Durégesis #2: Contemporary Chert Reductions


(Being one in a series of animatics / animations in anticipation of [out of nothing] #7, “time ⊕ (nothing ⇒ but)”; forthcoming, Fall / Winter 2013.)

A wanted. Now they did not yet message across spoke: their water jars, to become dogs, their mason and remember heart crusty. They flailed one grinding minerals know-how to make the equitable the base. Struggle accomplished nothing become almost thing the they they had was nothing in their legs and arms, how. And human how process thing you beings were to crushed leave.

Our million should mind legs, mouths, years therefore no. And are they with memory arms sooty sounding sufficient out of imagination? Their bodies, faces handaxes. Be mason. Be were. Are beings more and deformed thrilling made equitable? Builder, the beginning they makers griddle, objects should.

They came before the obsessive among human made multiplied, they had crushed their travel. Their shall has and they, setting, just an experiment and that’s not just a solely of their minds, no memory pots. Their gruesome; their these mannikins caused tools, our million make dry. Everything and complexions were is both their dogs and of their talking at first but texts happen to survive.

For and walked entirely on what human woodcarvings in of a sky.

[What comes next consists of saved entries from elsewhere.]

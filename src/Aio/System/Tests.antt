-- ===== src/Aio/System/Tests.antt =====
-- The theorem about a context of linux_aio at a concrete run.
use caio.Base.{
  ◌==◌, if◌then◌else◌, pos, negsuc, Ref, unclaimed, Arg, operation, ◌+◌, ◌≡◌, refl, true, false,
  some, List, [], ◌∷◌, ◌++◌, arith,
}
use caio.Aio.State.{blank}
use caio.Aio.Submit.{
  Answer, accepted, check_types, claim, unclaim, claim_all, unclaim_all, hand_over, submit_checked,
  submit_args, submit,
}
use caio.Aio.Events.{
  Event, Python, settle, deliver_one, deliver, events, cancel_done, Kernel, EventArgs, collect,
  process_events, cancel,
}
use caio.Aio.Events.Delivery.{Keeps}
use caio.Aio.Events.Balance.{taken}
use caio.Aio.System.{System, Step, submits, completes, collects, cancels, Reach, here, next}
use caio.Aio.System.Invariant.{flight, holder, places, in_flight}
use caio.Aio.System.Safety.{Initial, operations_held}
use caio.Aio.System.Progress.{KeepsContexts, Finishes, claimed-Finishes}

-- The context is object 9, with a handle and an eventfd. No operation is claimed.
abbrev pub start : System
start = record {
  world = record {
    ops = λ i. blank;
    ctxs = λ i. record { ctx = 77; fileno = pos 6; max_requests = 32 };
    refs = λ i. 1;
    blocks = λ i. [];
    queued = [];
    freed = [];
    destroyed = [];
    closed = [];
  };
  working = [];
  made = [];
}

pub start-Initial : Initial start
start-Initial = record {
  no_work = refl;
  no_events = refl;
  unclaimed_ops = λ p. refl;
  not_done = λ p. refl;
  no_context = λ p. refl;
}

-- Callables that raise and do nothing.
abbrev pub raising : Python
raising = record { call = λ f arg w. (false, w); unraisable = λ f w. w }

pub raising-Keeps : Keeps raising
raising-Keeps = record {
  call_refs = λ f arg w. refl;
  call_ops = λ f arg w. refl;
  unraisable_refs = λ f w. refl;
  unraisable_ops = λ f w. refl;
}

-- Operations 1 and 2 are submitted, the kernel completes 1, whose event is collected, and cancels 2.
abbrev room_for_two : Ref → List Ref → Answer
room_for_two c ps = accepted 2

abbrev args : List Arg
args = operation 1 ∷ operation 2 ∷ []

abbrev submitted : System
submitted = record {
  world = (submit room_for_two true (some 9) (some args) start.world).1;
  working = start.working ++ taken room_for_two 9 (1 ∷ 2 ∷ []) start.world;
  made = [];
}

abbrev finished : Event
finished = record { data_ref = 1; res = pos 2 }

abbrev completed : System
completed = record { world = submitted.world; working = 2 ∷ []; made = finished ∷ [] }

abbrev kernel : Kernel
kernel = record {
  getevents = λ min max t w. (events (finished ∷ []), w);
  io_cancel = λ p w. cancel_done (negsuc 124);
}

abbrev bounds : EventArgs
bounds = record { max_requests = 0; min_requests = 1; tv_sec = pos 0 }

abbrev collected : System
collected = record {
  world = (process_events kernel raising true 9 (some bounds) completed.world).1;
  working = 2 ∷ [];
  made = [];
}

abbrev pub canceled_two : System
canceled_two = record {
  world = (cancel kernel raising (some 9) (some (operation 2)) collected.world).1;
  working = [];
  made = [];
}

start-submitted : Step raising 9 start submitted
unfolding check_types
start-submitted = submits room_for_two args (1 ∷ 2 ∷ []) refl refl

submitted-completed : Step raising 9 submitted completed
unfolding unclaimed
submitted-completed = completes [] (2 ∷ []) 1 (pos 2) refl

completed-collected : Step raising 9 completed collected
unfolding submit submit_args submit_checked check_types claim_all hand_over claim unclaim
    unclaim_all
completed-collected =
    collects kernel bounds (finished ∷ []) []
      (record { has_handle = refl; small = omega arith; order = omega arith; got = refl })
      (omega arith) refl

collected-canceled_two : Step raising 9 collected canceled_two
unfolding submit submit_args submit_checked check_types claim_all hand_over claim unclaim
    unclaim_all process_events collect deliver deliver_one settle
collected-canceled_two = cancels kernel [] [] 2 (negsuc 124) refl refl refl

pub run : Reach raising 9 start canceled_two
run =
    next (next (next (next here start-submitted) submitted-completed) completed-collected)
      collected-canceled_two

operations_held_example :
    (places 2 canceled_two.working canceled_two.made ≡ flight (canceled_two.world.ops 2))
    × ((canceled_two.world.ops 2).context ≡ holder 9 (canceled_two.world.ops 2))
    × (canceled_two.world.refs 2
        ≡ start.world.refs 2
          + flight (canceled_two.world.ops 2)
          + (if 2 == 9 then in_flight canceled_two.working canceled_two.made else 0))
operations_held_example =
    operations_held raising 9 start canceled_two 2 raising-Keeps start-Initial run

raising-KeepsContexts : KeepsContexts raising
raising-KeepsContexts = record { call_ctxs = λ f arg w. refl; unraisable_ctxs = λ f w. refl }

submitted-flight : flight (submitted.world.ops 2) ≡ 1
unfolding submit submit_args submit_checked check_types claim_all hand_over claim unclaim
    unclaim_all
submitted-flight = refl

submitted-handle : ((submitted.world.ctxs 9).ctx == 0) ≡ false
unfolding submit submit_args submit_checked check_types claim_all hand_over claim unclaim
    unclaim_all
submitted-handle = refl

claimed-Finishes_example : Finishes raising 9 submitted 2
claimed-Finishes_example =
    claimed-Finishes raising 9 start submitted 2 raising-Keeps raising-KeepsContexts start-Initial
      (next here start-submitted) submitted-handle submitted-flight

And so they fell, but an object fully balanced their dependency. Dogs had no sweat, no fat. Years: the sound relationship be more arms. They had no which never killing tool. They thought of the dead dry, stones, each and every time that experienced time but push. There is imagination, humankind. Create which most has objects, developed in humans and their faces, their hearts and nothing in.

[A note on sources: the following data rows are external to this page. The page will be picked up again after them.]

-- ===== src/Aio/Tests.antt =====
-- The theorems about caio/linux_aio.c at concrete inputs.
use caio.Base.{
  take, ℤ, pos, negsuc, Ref, unclaimed, propagated, ok, raise, int, Arg, operation, ℕ, ◌≡◌, refl,
  ◌⊎◌, true, false, some, List, [], ◌∷◌, ◌++◌, arith,
}
use caio.Aio.State.{blank, World}
use caio.Aio.Submit.{Answer, accepted, check_types, claim, unclaim, unclaim_all, submit}
use caio.Aio.Submit.Claims.{claimed_in}
use caio.Aio.Submit.Outcome.{Takes, expected, submit-Takes}
use caio.Aio.Context.{new, Opened, opened, init, dealloc}
use caio.Aio.Context.Handles.{files, handles, init-dealloc}
use caio.Aio.Events.{
  Event, Python, events, cancel_done, cancel_failed, Kernel, EventArgs, io_cancel_error, cancel,
}
use caio.Aio.Events.Delivery.{Keeps, Gives}
use caio.Aio.Events.Cancel.{Releases, cancel_cases}

-- The context is object 9, with a handle and an eventfd.
abbrev desk : World
desk = record {
  ops = λ i. blank;
  ctxs = λ i. record { ctx = 77; fileno = pos 6; max_requests = 32 };
  refs = λ i. 1;
  blocks = λ i. 5 ∷ 6 ∷ 7 ∷ [];
  queued = [];
  freed = [];
  destroyed = [];
  closed = [];
}

-- A kernel with room for one operation.
abbrev room_for_one : Ref → List Ref → Answer
room_for_one c ps = accepted 1

abbrev args : List Arg
args = operation 1 ∷ operation 2 ∷ operation 1 ∷ []

typed : check_types args ≡ ok (1 ∷ 2 ∷ 1 ∷ [])
unfolding check_types
typed = refl

submit-Takes_example :
    (let todo = unclaimed (claimed_in desk) (1 ∷ 2 ∷ 1 ∷ []) in
      let (r, w') = submit room_for_one true (some 9) (some args) desk in
      (r ≡ (expected room_for_one 9 todo).0)
      × Takes 9 (take (expected room_for_one 9 todo).1 todo) desk w')
submit-Takes_example =
    submit-Takes room_for_one 9 args (1 ∷ 2 ∷ 1 ∷ []) desk (λ p idle. refl) refl typed

abbrev eventfd_6 : Opened
eventfd_6 = opened 6

abbrev handle_77 : ℕ → Opened
handle_77 n = opened 77

init-dealloc_example :
    (let w' = dealloc 9 (init eventfd_6 handle_77 9 true 0 (new 9 desk)).1 in
      (w'.closed ≡ files eventfd_6 ++ desk.closed)
      × (w'.destroyed ≡ handles eventfd_6 handle_77 true 0 ++ desk.destroyed)
      × (w'.freed ≡ 9 ∷ desk.freed))
init-dealloc_example = init-dealloc eventfd_6 handle_77 9 true 0 desk (λ n. cc)

-- Callables that raise and do nothing.
abbrev raising : Python
raising = record { call = λ f arg w. (false, w); unraisable = λ f w. w }

raising-Keeps : Keeps raising
raising-Keeps = record {
  call_refs = λ f arg w. refl;
  call_ops = λ f arg w. refl;
  unraisable_refs = λ f w. refl;
  unraisable_ops = λ f w. refl;
}

-- The kernel gives the event of the operation 1, a read of two bytes, and cancels with -5.
abbrev one_event : List Event
one_event = record { data_ref = 1; res = pos 2 } ∷ []

abbrev kernel : Kernel
kernel = record {
  getevents = λ min max t w. (events one_event, w);
  io_cancel = λ p w. cancel_done (negsuc 4);
}

abbrev bounds : EventArgs
bounds = record { max_requests = 0; min_requests = 1; tv_sec = pos 0 }

abbrev after_submit : World
after_submit = (submit room_for_one true (some 9) (some args) desk).1

after_submit-Gives : Gives kernel 9 bounds one_event after_submit after_submit
unfolding submit claim unclaim unclaim_all
after_submit-Gives = record {
  has_handle = refl;
  small = omega arith;
  order = omega arith;
  got = refl;
}

cancel_cases_example :
    (let (r, w') = cancel kernel raising (some 9) (some (operation 1)) after_submit in
      ((res : ℤ) × (kernel.io_cancel 1 after_submit ≡ cancel_done res)
        × Releases 1 res after_submit w'
        × ((r ≡ ok (int res)) ⊎ (r ≡ raise propagated)))
      ⊎ ((e : ℕ) × (kernel.io_cancel 1 after_submit ≡ cancel_failed e)
          × (r ≡ raise (io_cancel_error e))
          × (w' ≡ after_submit)))
cancel_cases_example =
    cancel_cases kernel raising 9 1 after_submit raising-Keeps after_submit-Gives.has_handle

A history can birth. A history provided the percussion they were of daughters everyday. Just a cutout for time’s blood, eat and lymph. And on the modeler who gave them not-yet faces just an experiment, crusty. You leave behind towards their failed killing between.

(Images: NOVA | Making a Stone Age Weapon (2004); video processing courtesy EZGIF.com.)

(Words: Neil MacGregor, A History of the World in 100 Objects (Viking, 2011) and The Popol Vuh (trans., Dennis Tedlock; Touchstone, 1996); initial textual processing courtesy The Lazarus Corporation’s Text Mixing Desk.)